D’après le gestionnaire de patrimoine, les actions restent encore intéressantes malgré ce rallye haussier. "Contrairement au sentiment général, nous ne pensons pas que les actions sont chères, en particulier en Europe", poursuit l’expert. Pour Werner Wuyts également, les investisseurs ne doivent pas se focaliser sur les indices. "Le marché recèle encore de nombreuses actions avec du potentiel", renchérit-il.

"Nous combinons notre fonds obligataire et notre fonds RDT pour que le portefeuille soit aligné sur le profil de risque du client."
Pieter De Ryck
Van Lanschot Bankiers

Le vent favorable qui souffle sur les Bourses ne doit pas empêcher les investisseurs de rester attentifs aux risques liés aux actions d’un fonds RDT. Chez Van Lanschot Bankiers – dont le fonds RDT affiche un rendement supérieur à 30% depuis le début de l’année – on rassure en expliquant que la plupart des clients n’investissent pas tout leur argent dans le fonds RDT. "Nous combinons notre fonds obligataire et notre fonds RDT pour que le portefeuille soit aligné sur le profil de risque du client", explique Pieter De Ryck de Van Lanschot Bankiers.
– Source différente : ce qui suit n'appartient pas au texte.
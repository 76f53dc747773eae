-- ===== src/Server/Rights/Guard.antt =====
-- The privilege check of `dispatchCommand` in server/commands.go, for a client that is no admin.
use net_cat.Base.{
  Bytes, codes, bytes_eq, bytes_eq_iff, trim_space, length, take, drop, ltb, leb, ℕ, suc, ◌≤◌, Bool,
  true, false, ◌&&◌, ◌≡◌, refl, ◌∙◌, [], ◌∷◌, Option, none, some, inl, inr, ◌==◌, if◌then◌else◌,
  arith, Bool-cases, Option-cases,
}
use net_cat.Base.Assoc.{Assoc, lookup}
use net_cat.Cmd.{CommandDef, commands, level, get_privilege_level}
use net_cat.Client.{set_last_activity, set_last_input}
use net_cat.Server.{Server, Now, on_client}
use net_cat.Server.Commands.{handle_chat_message}
use net_cat.Server.Commands.Inform.{
  cmd_list, cmd_rooms, cmd_stats, cmd_help, cmd_whisper, whisper_at, whisper_to,
}
use net_cat.Server.Commands.Dispatch.{
  Handler, quit, list, rooms, stats, switch, create, help, name, whisper, kick, ban, mute, unmute,
  announce, promote, demote, client_command_handlers, run_handler, dispatch_handler, dispatch_def,
  dispatch_command, serve_parsed, serve_line,
}
use net_cat.Server.Rights.{rights}
use net_cat.Server.Rights.Keep.{
  on_client-rights, send_to-rights, prompt_to-rights, reply-rights, send_lines-rights,
  record_room_event-rights, broadcast_room-rights,
}
use net_cat.Server.Rights.Travel.{cmd_switch-rights, cmd_create-rights, cmd_name-rights, not_admin}

-- The handlers of every user.
abbrev is_plain : Option Handler → Bool
is_plain none = true
is_plain (some kick) = false
is_plain (some ban) = false
is_plain (some mute) = false
is_plain (some unmute) = false
is_plain (some announce) = false
is_plain (some promote) = false
is_plain (some demote) = false
is_plain (some _) = true

-- The two tables agree: a command of at most the level `priv` is handled by a handler that passes
-- the test.
unfoldable pub agrees : ℕ → (Option Handler → Bool) → Assoc CommandDef → Bool
agrees priv test [] = true
agrees priv test ((k, d) ∷ m) =
    (if leb (level d.min_priv) priv then test (lookup k client_command_handlers) else true)
    && agrees priv test m

pub agrees-lookup :
    (priv : ℕ) (test : Option Handler → Bool) (m : Assoc CommandDef) (n : Bytes) (d : CommandDef)
    → agrees priv test m ≡ true
    → lookup n m ≡ some d
    → level d.min_priv ≤ priv
    → test (lookup n client_command_handlers) ≡ true
unfolding agrees lookup
agrees-lookup priv test [] n d a h l = cc
agrees-lookup priv test ((k, e) ∷ m) n d a h l =
    ground (arith, bytes_eq_iff k n, agrees-lookup priv test m n d)

commands-agree : agrees 0 is_plain commands ≡ true
unfolding agrees commands client_command_handlers lookup bytes_eq codes
commands-agree = refl

pub handle_chat_message-rights :
    (now : Now) (c : ℕ) (line : Bytes) (s : Server)
    → rights (handle_chat_message now c line s) ≡ rights s
unfolding handle_chat_message
handle_chat_message-rights now c line s = elim (Bool-cases (length (trim_space line) == 0)) [
  | inl a ↦ rw (a, handle_chat_message) (prompt_to-rights now c s)
  | inr a ↦ elim (Bool-cases (ltb 2048 (length line))) [
    | inl b ↦ rw (a, b, handle_chat_message) (reply-rights now c _ s)
    | inr b ↦ elim (Bool-cases (s.heap c).muted) [
      | inl m ↦ rw (a, b, m, handle_chat_message) (reply-rights now c _ s)
      | inr m ↦
          rw (a, b, m, handle_chat_message)
            (prompt_to-rights now c _
              ∙ unfold set_last_activity in
                on_client-rights c (set_last_activity now.instant) _ refl refl
                ∙ broadcast_room-rights _ _ _ _
                ∙ record_room_event-rights _ _ s)
    ]
  ]
]

pub cmd_list-rights : (now : Now) (c : ℕ) (s : Server) → rights (cmd_list now c s) ≡ rights s
unfolding cmd_list
cmd_list-rights now c s = elim (Option-cases (lookup (s.heap c).room s.rooms)) [
  | inl e ↦ rw (e, cmd_list) (prompt_to-rights now c s)
  | inr (r, e) ↦ rw (e, cmd_list) (prompt_to-rights now c _ ∙ send_lines-rights c _ s)
]

whisper_to-rights :
    (now : Now) (c : ℕ) (recipient message : Bytes) (o : Option ℕ) (s : Server)
    → rights (whisper_to now c recipient message o s) ≡ rights s
unfolding whisper_to
whisper_to-rights now c recipient message none s = reply-rights now c _ s
whisper_to-rights now c recipient message (some target) s =
    reply-rights now c _ _ ∙ send_to-rights target _ s

whisper_at-rights :
    (now : Now) (c : ℕ) (args : Bytes) (o : Option ℕ) (s : Server)
    → rights (whisper_at now c args o s) ≡ rights s
unfolding whisper_at
whisper_at-rights now c args none s = reply-rights now c _ s
whisper_at-rights now c args (some i) s =
    let message = trim_space (drop (suc i) args) in
    elim (Bool-cases (length (trim_space message) == 0)) [
      | inl a ↦ rw (a, whisper_at) (reply-rights now c _ s)
      | inr a ↦ elim (Bool-cases (ltb 2048 (length message))) [
        | inl b ↦ rw (a, b, whisper_at) (reply-rights now c _ s)
        | inr b ↦ elim (Bool-cases (bytes_eq (take i args) (s.heap c).username)) [
          | inl d ↦ rw (a, b, d, whisper_at) (reply-rights now c _ s)
          | inr d ↦ rw (a, b, d, whisper_at) (whisper_to-rights now c _ message _ s)
        ]
      ]
    ]

pub cmd_whisper-rights :
    (now : Now) (c : ℕ) (args : Bytes) (s : Server) → rights (cmd_whisper now c args s) ≡ rights s
unfolding cmd_whisper
cmd_whisper-rights now c args s = elim (Bool-cases (bytes_eq args [])) [
  | inl e ↦ rw (e, cmd_whisper) (reply-rights now c _ s)
  | inr e ↦ rw (e, cmd_whisper) (whisper_at-rights now c args _ s)
]

module _ (now : Now) (c : ℕ) (args : Bytes) (s : Server) (plain : (s.heap c).admin ≡ false) where
  run_handler-rights :
      (h : Handler) → is_plain (some h) ≡ true → rights (run_handler h now c args s).1 ≡ rights s
  unfolding run_handler cmd_rooms cmd_stats cmd_help
  run_handler-rights quit p = refl
  run_handler-rights list p = cmd_list-rights now c s
  run_handler-rights rooms p = prompt_to-rights now c _ ∙ send_lines-rights c _ s
  run_handler-rights stats p = prompt_to-rights now c _ ∙ send_lines-rights c _ s
  run_handler-rights switch p = cmd_switch-rights now c args s
  run_handler-rights create p = cmd_create-rights now c args s
  run_handler-rights help p = prompt_to-rights now c _ ∙ send_lines-rights c _ s
  run_handler-rights name p = cmd_name-rights now c s plain args
  run_handler-rights whisper p = cmd_whisper-rights now c args s
  run_handler-rights _ p = cc

  dispatch_handler-rights :
      (cmd_name : Bytes) (o : Option Handler)
      → is_plain o ≡ true
      → rights (dispatch_handler o now c cmd_name args s).1 ≡ rights s
  unfolding dispatch_handler
  dispatch_handler-rights cmd_name none p = reply-rights now c _ s
  dispatch_handler-rights cmd_name (some h) p = run_handler-rights h p

  -- A client that is no admin has the lowest level.
  lowest :
      (d : CommandDef)
      → ltb (level (get_privilege_level (s.heap c).admin false)) (level d.min_priv) ≡ false
      → level d.min_priv ≤ 0
  unfolding get_privilege_level
  lowest d h = ground arith

  dispatch_def-rights :
      (cmd_name : Bytes) (o : Option CommandDef)
      → lookup cmd_name commands ≡ o
      → rights (dispatch_def o now c cmd_name args s).1 ≡ rights s
  unfolding dispatch_def
  dispatch_def-rights cmd_name none h = reply-rights now c _ s
  dispatch_def-rights cmd_name (some d) h =
      elim (Bool-cases
        (ltb (level (get_privilege_level (s.heap c).admin false)) (level d.min_priv))) [
          | inl e ↦ rw (e, dispatch_def) (reply-rights now c _ s)
          | inr e ↦
              rw (e, dispatch_def)
                (dispatch_handler-rights cmd_name _
                  (agrees-lookup 0 is_plain commands cmd_name d commands-agree h (lowest d e)))
        ]

  dispatch_command-rights :
      (cmd_name : Bytes) → rights (dispatch_command now c cmd_name args s).1 ≡ rights s
  unfolding dispatch_command
  dispatch_command-rights cmd_name = dispatch_def-rights cmd_name _ refl

serve_parsed-rights :
    (now : Now) (c : ℕ) (line : Bytes) (o : Option (Bytes × Bytes)) (s : Server)
    → (s.heap c).admin ≡ false
    → rights (serve_parsed o now c line s).1 ≡ rights s
unfolding serve_parsed
serve_parsed-rights now c line none s plain = handle_chat_message-rights now c line s
serve_parsed-rights now c line (some (cmd_name, args)) s plain =
    dispatch_command-rights now c args s plain cmd_name

pub set_last_input-rights :
    (now : Now) (c : ℕ) (s : Server)
    → rights (on_client c (set_last_input now.instant) s) ≡ rights s
set_last_input-rights now c s =
    unfold set_last_input in on_client-rights c (set_last_input now.instant) s refl refl

-- Whatever line a client that is no admin types in its session, nobody becomes an admin or ceases
-- to be one, nobody is muted or unmuted, the list of known admins stays, and no address is banned
-- or blocked.
pub serve_line-rights :
    (now : Now) (c : ℕ) (line : Bytes) (s : Server)
    → (s.heap c).admin ≡ false
    → rights (serve_line now c line s).1 ≡ rights s
unfolding serve_line
serve_line-rights now c line s plain =
    let same = set_last_input-rights now c s in
    serve_parsed-rights now c line _ _ (not_admin c s _ same plain) ∙ same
D’autres banques soulignent également que les entreprises ne se limitent pas aux investissements en actions. "Le choix d’un fonds RDT se fait souvent dans le cadre d’un portefeuille diversifié qui comprend plusieurs classes d’actifs. Nous discutons avec nos clients du risque inhérent à ce type de fonds", explique Rudy Vermeersch d’ABN Amro Private Banking.

Risque et diversification

Chez Mercier Vanderlinden, on souligne qu’il faut idéalement disposer d’un horizon d’investissement assez long pour justifier le choix d’un fonds RDT. "Les clients n’y investissent que l’argent dont ils n’auront pas besoin au cours des cinq prochaines années. Ces fonds sont une bonne diversification en complément des activités principales de l’entreprise", explique Stéphane Mercier.

Même son de cloche chez Value Square, qui souligne que ses clients n’investissent que leurs excédents de trésorerie. "Les clients qui n’aiment pas les risques liés aux actions ne sont pas intéressés par les fonds RDT", explique ainsi Kris Hermie.

Les gestionnaires de Banque Delen – qui comptabilise plus de 1 milliard d’euros dans ces fonds et représente ainsi plus d’un tiers du marché – proposent leurs fonds RDT dans le cadre de la gestion discrétionnaire. "Cela signifie qu’ils sont considérés comme étant conformes au profil de risque du client", peut-on entendre.

Élargir le régime

"Le législateur devrait élargir le régime des fonds RDT aux fonds mixtes et obligataires."
Fred Janssens
Econopolis

Chez Econopolis, on regrette que seuls les investissements en actions bénéficient de cet avantage fiscal. "Tous les autres investissements sont trop lourdement taxés pour que les entreprises perçoivent un rendement net suffisant. L’effet pervers de ce système, c’est qu’une entreprise qui souhaite investir de manière sûre optera tout de même pour un fonds RDT à cause de l’importance de la charge fiscale liée aux investissements plus ‘conservateurs’, dans l’environnement de taux bas que nous connaissons. Le législateur devrait élargir le régime des fonds RDT aux fonds mixtes et obligataires pour que les entrepreneurs puissent ainsi se constituer une pension complémentaire digne de ce nom", estime Fred Janssens.

Chez Candriam, on met en garde contre la tentation d’investir dans ces fonds uniquement pour des raisons fiscales. "Le ratio risque-rendement est plus important que le statut fiscal du produit", conclut l’expert.